Saved data entries:
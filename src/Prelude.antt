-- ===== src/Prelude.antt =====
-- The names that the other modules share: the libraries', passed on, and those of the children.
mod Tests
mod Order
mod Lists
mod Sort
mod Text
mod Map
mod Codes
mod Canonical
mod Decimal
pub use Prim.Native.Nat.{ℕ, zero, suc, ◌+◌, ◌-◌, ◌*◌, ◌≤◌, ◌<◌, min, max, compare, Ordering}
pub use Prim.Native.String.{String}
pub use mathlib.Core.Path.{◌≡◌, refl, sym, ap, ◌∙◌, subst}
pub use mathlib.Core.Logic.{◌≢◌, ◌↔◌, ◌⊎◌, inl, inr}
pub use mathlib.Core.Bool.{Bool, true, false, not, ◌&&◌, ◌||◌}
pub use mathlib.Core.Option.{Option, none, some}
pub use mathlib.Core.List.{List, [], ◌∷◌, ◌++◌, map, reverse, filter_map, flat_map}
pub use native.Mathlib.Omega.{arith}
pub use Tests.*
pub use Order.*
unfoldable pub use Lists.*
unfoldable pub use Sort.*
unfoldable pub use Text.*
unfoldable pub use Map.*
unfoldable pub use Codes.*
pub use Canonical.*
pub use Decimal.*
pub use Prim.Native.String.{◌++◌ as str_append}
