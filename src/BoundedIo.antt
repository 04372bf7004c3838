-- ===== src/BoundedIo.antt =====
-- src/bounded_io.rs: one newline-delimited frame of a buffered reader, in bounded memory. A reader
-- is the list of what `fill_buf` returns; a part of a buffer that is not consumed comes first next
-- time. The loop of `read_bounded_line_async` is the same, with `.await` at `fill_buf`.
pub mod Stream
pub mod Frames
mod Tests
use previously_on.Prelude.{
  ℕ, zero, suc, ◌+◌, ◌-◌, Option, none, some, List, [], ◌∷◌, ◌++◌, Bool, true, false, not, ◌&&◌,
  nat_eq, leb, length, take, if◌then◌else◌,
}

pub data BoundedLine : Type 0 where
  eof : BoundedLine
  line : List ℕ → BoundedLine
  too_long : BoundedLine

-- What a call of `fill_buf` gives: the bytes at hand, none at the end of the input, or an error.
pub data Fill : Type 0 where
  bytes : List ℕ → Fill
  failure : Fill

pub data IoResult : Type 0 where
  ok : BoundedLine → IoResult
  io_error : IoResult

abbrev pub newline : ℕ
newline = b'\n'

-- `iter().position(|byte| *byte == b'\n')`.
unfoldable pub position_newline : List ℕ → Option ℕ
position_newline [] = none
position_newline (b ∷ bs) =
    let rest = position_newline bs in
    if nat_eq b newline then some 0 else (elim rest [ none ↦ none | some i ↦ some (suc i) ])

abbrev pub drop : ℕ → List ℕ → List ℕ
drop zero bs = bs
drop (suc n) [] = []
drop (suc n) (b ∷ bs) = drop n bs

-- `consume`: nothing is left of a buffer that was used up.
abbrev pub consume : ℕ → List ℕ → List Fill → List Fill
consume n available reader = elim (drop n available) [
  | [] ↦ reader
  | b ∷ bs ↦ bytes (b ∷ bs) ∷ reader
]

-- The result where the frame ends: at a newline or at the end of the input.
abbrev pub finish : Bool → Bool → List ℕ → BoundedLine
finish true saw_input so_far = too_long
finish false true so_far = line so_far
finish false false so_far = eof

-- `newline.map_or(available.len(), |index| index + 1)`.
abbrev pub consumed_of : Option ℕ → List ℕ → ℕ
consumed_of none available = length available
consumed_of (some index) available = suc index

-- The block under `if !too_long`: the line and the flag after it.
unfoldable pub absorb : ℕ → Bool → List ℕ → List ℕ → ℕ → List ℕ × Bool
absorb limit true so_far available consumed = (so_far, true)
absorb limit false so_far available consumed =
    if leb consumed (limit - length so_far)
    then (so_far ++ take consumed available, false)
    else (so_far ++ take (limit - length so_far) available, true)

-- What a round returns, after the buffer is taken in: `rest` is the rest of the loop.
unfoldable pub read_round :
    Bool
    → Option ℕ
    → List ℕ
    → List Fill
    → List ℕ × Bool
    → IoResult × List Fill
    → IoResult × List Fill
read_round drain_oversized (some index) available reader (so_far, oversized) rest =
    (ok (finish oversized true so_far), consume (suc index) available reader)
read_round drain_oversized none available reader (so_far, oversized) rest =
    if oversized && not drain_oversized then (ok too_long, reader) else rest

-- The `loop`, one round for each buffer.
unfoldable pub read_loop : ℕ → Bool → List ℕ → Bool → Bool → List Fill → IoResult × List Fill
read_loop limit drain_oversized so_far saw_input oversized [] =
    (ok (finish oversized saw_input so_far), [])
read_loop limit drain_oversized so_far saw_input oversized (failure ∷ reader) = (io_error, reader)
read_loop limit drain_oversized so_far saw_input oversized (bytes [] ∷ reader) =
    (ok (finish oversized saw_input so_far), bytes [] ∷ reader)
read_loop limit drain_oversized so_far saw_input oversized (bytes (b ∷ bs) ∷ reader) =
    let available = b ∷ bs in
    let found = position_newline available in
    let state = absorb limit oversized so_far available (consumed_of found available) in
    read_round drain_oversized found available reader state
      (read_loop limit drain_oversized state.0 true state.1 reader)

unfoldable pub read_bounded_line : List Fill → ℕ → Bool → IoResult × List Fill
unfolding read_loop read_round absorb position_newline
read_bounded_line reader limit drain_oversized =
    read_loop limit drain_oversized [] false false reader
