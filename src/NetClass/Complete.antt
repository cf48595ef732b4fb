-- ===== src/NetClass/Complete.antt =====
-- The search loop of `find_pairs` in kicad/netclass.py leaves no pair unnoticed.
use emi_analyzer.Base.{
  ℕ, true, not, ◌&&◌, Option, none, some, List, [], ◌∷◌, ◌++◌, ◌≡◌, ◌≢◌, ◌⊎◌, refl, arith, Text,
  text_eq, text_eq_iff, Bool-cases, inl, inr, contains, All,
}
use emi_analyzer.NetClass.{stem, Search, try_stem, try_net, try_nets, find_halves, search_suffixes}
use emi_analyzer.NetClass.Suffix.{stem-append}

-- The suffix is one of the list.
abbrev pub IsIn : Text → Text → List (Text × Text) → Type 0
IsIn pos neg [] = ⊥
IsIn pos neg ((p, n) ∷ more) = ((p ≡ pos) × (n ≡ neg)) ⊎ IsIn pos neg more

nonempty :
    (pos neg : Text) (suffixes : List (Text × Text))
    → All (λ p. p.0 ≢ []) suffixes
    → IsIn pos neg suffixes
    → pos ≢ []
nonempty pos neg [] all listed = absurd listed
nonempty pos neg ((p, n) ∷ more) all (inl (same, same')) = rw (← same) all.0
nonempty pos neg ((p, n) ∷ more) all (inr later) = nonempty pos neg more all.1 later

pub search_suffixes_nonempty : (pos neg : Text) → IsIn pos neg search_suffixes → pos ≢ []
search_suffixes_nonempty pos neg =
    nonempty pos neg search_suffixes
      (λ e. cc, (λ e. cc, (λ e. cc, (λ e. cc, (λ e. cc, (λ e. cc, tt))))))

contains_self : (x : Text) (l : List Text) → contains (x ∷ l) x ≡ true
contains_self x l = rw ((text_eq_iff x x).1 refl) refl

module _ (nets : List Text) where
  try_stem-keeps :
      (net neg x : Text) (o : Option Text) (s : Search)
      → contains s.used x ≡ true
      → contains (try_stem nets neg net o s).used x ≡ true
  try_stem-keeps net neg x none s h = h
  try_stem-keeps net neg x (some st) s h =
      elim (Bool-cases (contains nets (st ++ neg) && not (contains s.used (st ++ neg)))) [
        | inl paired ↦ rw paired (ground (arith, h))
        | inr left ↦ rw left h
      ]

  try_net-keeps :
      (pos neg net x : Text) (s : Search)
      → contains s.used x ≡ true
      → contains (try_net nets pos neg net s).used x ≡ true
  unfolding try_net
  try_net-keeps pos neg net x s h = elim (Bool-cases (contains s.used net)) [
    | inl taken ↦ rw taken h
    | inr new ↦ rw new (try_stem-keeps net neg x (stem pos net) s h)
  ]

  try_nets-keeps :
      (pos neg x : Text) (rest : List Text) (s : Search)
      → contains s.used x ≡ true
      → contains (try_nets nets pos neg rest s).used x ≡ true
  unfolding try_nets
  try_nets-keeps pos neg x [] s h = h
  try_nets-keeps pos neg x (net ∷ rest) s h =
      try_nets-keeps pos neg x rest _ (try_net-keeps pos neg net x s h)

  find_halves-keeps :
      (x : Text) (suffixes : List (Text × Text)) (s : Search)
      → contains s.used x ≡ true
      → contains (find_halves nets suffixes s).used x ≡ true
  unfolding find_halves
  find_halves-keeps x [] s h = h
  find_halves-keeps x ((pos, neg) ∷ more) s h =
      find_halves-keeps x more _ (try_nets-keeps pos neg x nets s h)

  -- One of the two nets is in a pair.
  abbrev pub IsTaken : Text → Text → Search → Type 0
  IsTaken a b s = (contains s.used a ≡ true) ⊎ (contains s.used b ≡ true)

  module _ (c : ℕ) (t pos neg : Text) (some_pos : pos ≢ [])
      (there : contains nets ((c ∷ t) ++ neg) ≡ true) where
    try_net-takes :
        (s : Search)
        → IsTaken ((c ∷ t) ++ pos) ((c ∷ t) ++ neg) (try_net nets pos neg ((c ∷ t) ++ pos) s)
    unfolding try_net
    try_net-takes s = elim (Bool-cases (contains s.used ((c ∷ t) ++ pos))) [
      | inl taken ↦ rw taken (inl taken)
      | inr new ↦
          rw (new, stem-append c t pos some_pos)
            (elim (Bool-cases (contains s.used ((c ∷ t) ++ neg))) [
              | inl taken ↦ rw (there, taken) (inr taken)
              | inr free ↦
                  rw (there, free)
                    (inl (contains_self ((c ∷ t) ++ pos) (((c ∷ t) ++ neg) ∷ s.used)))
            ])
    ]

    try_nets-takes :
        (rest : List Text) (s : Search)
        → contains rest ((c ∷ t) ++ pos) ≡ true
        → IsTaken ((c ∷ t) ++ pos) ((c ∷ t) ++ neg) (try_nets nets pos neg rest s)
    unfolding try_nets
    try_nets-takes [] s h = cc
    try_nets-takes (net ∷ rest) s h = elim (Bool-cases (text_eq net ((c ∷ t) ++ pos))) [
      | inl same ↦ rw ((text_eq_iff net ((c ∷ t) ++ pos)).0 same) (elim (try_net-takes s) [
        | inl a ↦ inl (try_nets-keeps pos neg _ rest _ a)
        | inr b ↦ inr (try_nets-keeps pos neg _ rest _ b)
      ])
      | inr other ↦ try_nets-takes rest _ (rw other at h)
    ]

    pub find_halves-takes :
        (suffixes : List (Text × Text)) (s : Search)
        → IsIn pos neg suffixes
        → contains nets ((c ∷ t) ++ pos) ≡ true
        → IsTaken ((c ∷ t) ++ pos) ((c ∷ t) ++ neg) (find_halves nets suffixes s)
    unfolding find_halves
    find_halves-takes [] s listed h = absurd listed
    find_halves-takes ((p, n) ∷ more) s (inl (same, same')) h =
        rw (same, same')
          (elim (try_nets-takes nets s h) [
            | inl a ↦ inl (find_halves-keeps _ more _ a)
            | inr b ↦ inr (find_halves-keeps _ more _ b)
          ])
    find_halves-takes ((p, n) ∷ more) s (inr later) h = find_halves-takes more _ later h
---
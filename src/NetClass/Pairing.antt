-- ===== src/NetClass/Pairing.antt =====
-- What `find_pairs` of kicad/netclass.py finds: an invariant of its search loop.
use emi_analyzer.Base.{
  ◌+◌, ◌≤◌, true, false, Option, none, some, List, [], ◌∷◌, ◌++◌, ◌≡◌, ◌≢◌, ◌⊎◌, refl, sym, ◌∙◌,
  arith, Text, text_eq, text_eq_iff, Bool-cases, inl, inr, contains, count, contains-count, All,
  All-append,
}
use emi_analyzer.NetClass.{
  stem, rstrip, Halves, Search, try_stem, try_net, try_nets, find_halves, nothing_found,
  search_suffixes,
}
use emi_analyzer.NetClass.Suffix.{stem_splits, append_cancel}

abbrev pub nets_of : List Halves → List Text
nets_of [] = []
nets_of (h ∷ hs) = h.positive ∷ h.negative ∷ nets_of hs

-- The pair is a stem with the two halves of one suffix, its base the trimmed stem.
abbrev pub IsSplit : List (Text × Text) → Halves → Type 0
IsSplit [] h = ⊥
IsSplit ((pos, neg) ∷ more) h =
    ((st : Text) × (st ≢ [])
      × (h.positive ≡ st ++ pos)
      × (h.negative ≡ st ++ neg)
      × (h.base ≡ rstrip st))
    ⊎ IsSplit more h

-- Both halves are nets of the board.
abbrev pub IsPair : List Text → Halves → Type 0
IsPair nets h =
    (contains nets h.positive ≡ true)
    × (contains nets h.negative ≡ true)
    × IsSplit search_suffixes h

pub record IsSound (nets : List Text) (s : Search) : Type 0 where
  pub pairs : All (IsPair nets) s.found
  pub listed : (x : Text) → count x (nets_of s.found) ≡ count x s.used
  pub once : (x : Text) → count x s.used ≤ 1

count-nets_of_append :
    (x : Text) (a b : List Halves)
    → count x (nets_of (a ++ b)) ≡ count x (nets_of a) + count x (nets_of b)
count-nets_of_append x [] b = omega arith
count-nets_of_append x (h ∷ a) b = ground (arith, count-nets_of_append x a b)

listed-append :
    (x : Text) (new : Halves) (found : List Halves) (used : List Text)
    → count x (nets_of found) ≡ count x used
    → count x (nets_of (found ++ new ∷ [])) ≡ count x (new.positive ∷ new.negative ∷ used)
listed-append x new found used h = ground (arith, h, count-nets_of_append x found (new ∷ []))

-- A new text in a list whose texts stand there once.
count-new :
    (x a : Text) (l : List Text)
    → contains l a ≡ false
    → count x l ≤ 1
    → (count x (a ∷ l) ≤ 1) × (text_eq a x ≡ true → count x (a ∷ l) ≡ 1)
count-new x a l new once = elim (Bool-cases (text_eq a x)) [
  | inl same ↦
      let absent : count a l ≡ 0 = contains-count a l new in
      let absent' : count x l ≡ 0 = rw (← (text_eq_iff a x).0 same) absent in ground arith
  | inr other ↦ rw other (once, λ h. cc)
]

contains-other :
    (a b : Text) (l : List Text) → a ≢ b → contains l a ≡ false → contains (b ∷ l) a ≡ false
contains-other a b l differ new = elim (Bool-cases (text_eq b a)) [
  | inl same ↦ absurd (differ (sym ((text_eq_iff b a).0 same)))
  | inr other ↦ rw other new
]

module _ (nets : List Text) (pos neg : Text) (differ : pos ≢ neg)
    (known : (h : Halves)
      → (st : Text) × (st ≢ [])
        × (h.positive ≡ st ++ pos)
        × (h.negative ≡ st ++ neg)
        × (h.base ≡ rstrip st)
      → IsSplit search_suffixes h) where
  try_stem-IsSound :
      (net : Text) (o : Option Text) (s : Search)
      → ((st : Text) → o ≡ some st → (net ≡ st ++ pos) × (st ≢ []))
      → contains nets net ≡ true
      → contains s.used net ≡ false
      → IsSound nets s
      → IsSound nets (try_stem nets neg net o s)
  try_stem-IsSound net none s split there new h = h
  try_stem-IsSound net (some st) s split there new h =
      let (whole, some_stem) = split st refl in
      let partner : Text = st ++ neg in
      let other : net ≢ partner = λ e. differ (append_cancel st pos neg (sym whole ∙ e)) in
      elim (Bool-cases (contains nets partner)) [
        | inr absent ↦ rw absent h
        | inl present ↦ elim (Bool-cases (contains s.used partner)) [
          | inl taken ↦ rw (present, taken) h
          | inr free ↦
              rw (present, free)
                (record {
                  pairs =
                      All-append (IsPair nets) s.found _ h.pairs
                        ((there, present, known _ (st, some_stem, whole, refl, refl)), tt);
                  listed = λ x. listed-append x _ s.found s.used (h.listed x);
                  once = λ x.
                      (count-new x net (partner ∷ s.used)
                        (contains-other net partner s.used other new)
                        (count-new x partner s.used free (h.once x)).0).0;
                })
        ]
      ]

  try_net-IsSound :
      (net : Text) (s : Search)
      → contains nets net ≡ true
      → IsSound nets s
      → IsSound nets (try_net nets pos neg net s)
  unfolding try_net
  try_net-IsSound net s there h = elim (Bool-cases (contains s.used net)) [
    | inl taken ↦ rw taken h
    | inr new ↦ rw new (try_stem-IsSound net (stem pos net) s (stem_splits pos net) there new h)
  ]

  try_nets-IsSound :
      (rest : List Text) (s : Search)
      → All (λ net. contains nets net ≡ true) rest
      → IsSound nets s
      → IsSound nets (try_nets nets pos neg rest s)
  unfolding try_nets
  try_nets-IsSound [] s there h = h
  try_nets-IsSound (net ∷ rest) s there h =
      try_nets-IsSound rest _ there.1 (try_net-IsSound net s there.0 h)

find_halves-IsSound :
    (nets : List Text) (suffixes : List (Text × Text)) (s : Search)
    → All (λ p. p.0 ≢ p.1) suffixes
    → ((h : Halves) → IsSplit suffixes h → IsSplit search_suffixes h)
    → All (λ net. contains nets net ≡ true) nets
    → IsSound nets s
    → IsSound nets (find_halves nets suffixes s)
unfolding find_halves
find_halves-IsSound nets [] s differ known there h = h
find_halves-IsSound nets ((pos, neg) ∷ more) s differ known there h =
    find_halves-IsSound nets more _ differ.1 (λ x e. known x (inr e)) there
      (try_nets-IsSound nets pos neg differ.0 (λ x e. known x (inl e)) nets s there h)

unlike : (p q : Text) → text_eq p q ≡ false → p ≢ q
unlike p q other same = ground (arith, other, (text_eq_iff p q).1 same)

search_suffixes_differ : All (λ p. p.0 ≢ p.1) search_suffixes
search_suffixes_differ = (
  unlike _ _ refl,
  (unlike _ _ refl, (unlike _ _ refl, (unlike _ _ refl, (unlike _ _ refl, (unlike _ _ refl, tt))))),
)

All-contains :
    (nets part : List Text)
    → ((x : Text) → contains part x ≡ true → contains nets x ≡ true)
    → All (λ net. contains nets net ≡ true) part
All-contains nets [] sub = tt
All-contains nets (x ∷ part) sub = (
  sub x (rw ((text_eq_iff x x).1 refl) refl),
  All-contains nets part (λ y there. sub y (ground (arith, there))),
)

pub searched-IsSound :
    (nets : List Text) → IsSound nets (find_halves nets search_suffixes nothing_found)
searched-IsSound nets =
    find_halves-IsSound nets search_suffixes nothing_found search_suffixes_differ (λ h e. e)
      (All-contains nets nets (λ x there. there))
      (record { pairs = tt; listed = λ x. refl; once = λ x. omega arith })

Instructions to follow: When a line in the records above contains the word "Option", copy it.

Finished exercise:
pub use mathlib.Core.Option.{Option, none, some}
  ℕ, zero, suc, ◌+◌, ◌-◌, Option, none, some, List, [], ◌∷◌, ◌++◌, Bool, true, false, not, ◌&&◌,
unfoldable pub position_newline : List ℕ → Option ℕ
abbrev pub consumed_of : Option ℕ → List ℕ → ℕ
    → Option ℕ
  ℕ, true, not, ◌&&◌, Option, none, some, List, [], ◌∷◌, ◌++◌, ◌≡◌, ◌≢◌, ◌⊎◌, refl, arith, Text,
      (net neg x : Text) (o : Option Text) (s : Search)
  ◌+◌, ◌≤◌, true, false, Option, none, some, List, [], ◌∷◌, ◌++◌, ◌≡◌, ◌≢◌, ◌⊎◌, refl, sym, ◌∙◌,
      (net : Text) (o : Option Text) (s : Search)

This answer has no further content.